##### Records to process

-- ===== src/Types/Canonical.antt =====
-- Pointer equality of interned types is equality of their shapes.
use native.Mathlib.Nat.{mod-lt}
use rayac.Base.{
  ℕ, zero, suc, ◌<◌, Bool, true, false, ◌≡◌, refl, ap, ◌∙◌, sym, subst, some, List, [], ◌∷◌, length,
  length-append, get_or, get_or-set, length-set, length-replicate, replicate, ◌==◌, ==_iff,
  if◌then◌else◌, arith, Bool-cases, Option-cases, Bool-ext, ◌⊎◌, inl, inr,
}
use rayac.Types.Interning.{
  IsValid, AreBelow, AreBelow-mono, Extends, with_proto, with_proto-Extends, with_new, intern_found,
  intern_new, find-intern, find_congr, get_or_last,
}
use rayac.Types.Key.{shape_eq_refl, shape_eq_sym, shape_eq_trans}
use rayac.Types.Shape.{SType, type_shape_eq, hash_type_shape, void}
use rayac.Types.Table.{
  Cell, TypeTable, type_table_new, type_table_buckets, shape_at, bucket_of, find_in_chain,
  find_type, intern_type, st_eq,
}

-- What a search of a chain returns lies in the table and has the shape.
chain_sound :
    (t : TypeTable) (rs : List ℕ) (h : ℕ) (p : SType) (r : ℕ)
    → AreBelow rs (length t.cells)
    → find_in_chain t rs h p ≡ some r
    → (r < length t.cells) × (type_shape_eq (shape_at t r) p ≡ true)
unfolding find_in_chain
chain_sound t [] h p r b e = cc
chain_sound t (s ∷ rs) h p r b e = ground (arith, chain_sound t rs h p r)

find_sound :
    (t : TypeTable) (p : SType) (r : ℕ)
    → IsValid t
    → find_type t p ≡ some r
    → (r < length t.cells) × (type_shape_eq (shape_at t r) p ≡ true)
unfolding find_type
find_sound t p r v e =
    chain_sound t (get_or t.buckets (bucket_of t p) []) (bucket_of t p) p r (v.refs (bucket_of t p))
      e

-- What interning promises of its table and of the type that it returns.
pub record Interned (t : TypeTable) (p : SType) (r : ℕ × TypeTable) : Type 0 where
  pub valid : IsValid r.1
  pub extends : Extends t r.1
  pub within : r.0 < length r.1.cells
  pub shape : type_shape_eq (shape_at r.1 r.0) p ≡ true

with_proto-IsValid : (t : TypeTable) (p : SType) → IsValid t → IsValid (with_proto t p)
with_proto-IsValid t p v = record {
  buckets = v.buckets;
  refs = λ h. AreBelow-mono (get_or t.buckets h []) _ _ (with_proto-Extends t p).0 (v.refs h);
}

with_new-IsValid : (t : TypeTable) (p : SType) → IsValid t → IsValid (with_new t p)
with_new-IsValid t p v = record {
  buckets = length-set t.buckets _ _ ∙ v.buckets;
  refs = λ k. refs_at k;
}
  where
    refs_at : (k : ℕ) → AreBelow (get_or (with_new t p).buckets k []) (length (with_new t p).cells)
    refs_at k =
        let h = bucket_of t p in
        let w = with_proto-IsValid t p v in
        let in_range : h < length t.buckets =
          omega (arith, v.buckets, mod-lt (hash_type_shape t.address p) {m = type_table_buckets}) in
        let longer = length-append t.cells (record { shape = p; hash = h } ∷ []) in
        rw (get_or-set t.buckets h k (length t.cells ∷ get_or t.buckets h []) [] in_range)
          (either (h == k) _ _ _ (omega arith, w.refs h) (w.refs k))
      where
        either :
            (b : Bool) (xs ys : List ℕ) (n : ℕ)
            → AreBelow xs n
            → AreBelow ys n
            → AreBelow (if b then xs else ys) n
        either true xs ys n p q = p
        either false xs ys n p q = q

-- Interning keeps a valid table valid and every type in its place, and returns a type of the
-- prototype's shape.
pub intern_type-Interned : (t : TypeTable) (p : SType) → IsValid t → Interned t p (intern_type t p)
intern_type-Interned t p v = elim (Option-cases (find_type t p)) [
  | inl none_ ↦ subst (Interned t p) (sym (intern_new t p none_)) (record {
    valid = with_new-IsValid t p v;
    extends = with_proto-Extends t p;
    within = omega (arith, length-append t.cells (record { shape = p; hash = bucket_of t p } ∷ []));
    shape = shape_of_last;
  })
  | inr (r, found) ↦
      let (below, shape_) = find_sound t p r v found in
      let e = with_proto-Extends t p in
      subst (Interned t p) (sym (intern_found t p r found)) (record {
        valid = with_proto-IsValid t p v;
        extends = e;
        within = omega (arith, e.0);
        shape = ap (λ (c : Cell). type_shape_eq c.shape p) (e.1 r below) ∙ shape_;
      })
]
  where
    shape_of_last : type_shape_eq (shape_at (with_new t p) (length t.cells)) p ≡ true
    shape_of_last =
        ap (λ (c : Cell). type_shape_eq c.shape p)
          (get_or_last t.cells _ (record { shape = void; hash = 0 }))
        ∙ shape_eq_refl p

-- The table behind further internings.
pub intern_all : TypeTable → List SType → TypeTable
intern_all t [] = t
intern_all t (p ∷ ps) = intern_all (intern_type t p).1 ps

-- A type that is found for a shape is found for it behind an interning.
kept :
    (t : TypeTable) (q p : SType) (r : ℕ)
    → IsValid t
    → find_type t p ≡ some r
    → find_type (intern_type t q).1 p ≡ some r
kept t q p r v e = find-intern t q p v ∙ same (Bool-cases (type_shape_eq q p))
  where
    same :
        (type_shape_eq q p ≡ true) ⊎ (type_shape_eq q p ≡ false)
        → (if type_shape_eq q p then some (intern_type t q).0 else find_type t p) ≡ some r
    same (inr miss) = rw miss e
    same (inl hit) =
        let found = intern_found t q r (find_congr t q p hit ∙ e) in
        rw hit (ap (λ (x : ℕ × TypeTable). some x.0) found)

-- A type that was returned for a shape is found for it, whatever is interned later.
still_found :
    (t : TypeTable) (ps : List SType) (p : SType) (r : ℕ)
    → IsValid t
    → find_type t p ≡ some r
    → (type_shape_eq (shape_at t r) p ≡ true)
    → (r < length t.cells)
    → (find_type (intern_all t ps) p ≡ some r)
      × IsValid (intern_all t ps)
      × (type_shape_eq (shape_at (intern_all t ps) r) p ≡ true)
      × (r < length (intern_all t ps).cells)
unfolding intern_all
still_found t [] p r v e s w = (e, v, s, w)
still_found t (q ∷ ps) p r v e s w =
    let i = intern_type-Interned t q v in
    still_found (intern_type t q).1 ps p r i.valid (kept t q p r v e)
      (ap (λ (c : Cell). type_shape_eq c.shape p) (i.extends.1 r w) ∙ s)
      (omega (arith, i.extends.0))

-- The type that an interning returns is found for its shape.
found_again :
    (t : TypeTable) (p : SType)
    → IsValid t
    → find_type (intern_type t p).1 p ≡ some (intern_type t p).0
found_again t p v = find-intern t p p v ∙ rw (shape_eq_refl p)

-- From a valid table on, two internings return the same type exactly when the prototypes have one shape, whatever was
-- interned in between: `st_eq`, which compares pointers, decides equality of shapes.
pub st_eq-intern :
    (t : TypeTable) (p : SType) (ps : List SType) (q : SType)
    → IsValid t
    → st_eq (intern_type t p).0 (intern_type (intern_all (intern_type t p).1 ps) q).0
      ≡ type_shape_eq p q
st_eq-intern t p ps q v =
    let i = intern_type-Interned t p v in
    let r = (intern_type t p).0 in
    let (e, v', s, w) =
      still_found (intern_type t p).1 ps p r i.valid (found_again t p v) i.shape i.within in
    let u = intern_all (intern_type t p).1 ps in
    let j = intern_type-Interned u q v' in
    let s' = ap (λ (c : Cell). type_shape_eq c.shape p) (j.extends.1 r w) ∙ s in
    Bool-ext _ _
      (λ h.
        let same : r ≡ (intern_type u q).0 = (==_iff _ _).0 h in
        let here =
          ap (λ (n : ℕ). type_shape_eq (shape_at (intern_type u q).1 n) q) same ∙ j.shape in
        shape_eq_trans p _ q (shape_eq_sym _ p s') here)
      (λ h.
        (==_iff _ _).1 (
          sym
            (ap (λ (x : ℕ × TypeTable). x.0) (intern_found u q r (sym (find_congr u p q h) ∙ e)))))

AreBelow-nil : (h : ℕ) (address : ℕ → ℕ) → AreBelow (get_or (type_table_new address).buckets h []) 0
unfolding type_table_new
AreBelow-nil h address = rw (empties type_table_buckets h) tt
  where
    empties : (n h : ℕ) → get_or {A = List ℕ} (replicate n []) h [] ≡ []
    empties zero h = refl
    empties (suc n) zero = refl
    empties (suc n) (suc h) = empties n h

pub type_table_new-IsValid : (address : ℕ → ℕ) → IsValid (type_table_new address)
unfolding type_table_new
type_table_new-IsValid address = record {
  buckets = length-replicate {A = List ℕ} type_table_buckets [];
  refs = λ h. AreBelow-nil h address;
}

##########

Task to complete: Within the material above, transcribe exactly the lines that run from the line holding "let h = bucket_of t p in" through the line holding "intern_all t (p".

Answer section:
        let h = bucket_of t p in
        let w = with_proto-IsValid t p v in
        let in_range : h < length t.buckets =
          omega (arith, v.buckets, mod-lt (hash_type_shape t.address p) {m = type_table_buckets}) in
        let longer = length-append t.cells (record { shape = p; hash = h } ∷ []) in
        rw (get_or-set t.buckets h k (length t.cells ∷ get_or t.buckets h []) [] in_range)
          (either (h == k) _ _ _ (omega arith, w.refs h) (w.refs k))
      where
        either :
            (b : Bool) (xs ys : List ℕ) (n : ℕ)
            → AreBelow xs n
            → AreBelow ys n
            → AreBelow (if b then xs else ys) n
        either true xs ys n p q = p
        either false xs ys n p q = q

-- Interning keeps a valid table valid and every type in its place, and returns a type of the
-- prototype's shape.
pub intern_type-Interned : (t : TypeTable) (p : SType) → IsValid t → Interned t p (intern_type t p)
intern_type-Interned t p v = elim (Option-cases (find_type t p)) [
  | inl none_ ↦ subst (Interned t p) (sym (intern_new t p none_)) (record {
    valid = with_new-IsValid t p v;
    extends = with_proto-Extends t p;
    within = omega (arith, length-append t.cells (record { shape = p; hash = bucket_of t p } ∷ []));
    shape = shape_of_last;
  })
  | inr (r, found) ↦
      let (below, shape_) = find_sound t p r v found in
      let e = with_proto-Extends t p in
      subst (Interned t p) (sym (intern_found t p r found)) (record {
        valid = with_proto-IsValid t p v;
        extends = e;
        within = omega (arith, e.0);
        shape = ap (λ (c : Cell). type_shape_eq c.shape p) (e.1 r below) ∙ shape_;
      })
]
  where
    shape_of_last : type_shape_eq (shape_at (with_new t p) (length t.cells)) p ≡ true
    shape_of_last =
        ap (λ (c : Cell). type_shape_eq c.shape p)
          (get_or_last t.cells _ (record { shape = void; hash = 0 }))
        ∙ shape_eq_refl p

-- The table behind further internings.
pub intern_all : TypeTable → List SType → TypeTable
intern_all t [] = t
intern_all t (p ∷ ps) = intern_all (intern_type t p).1 ps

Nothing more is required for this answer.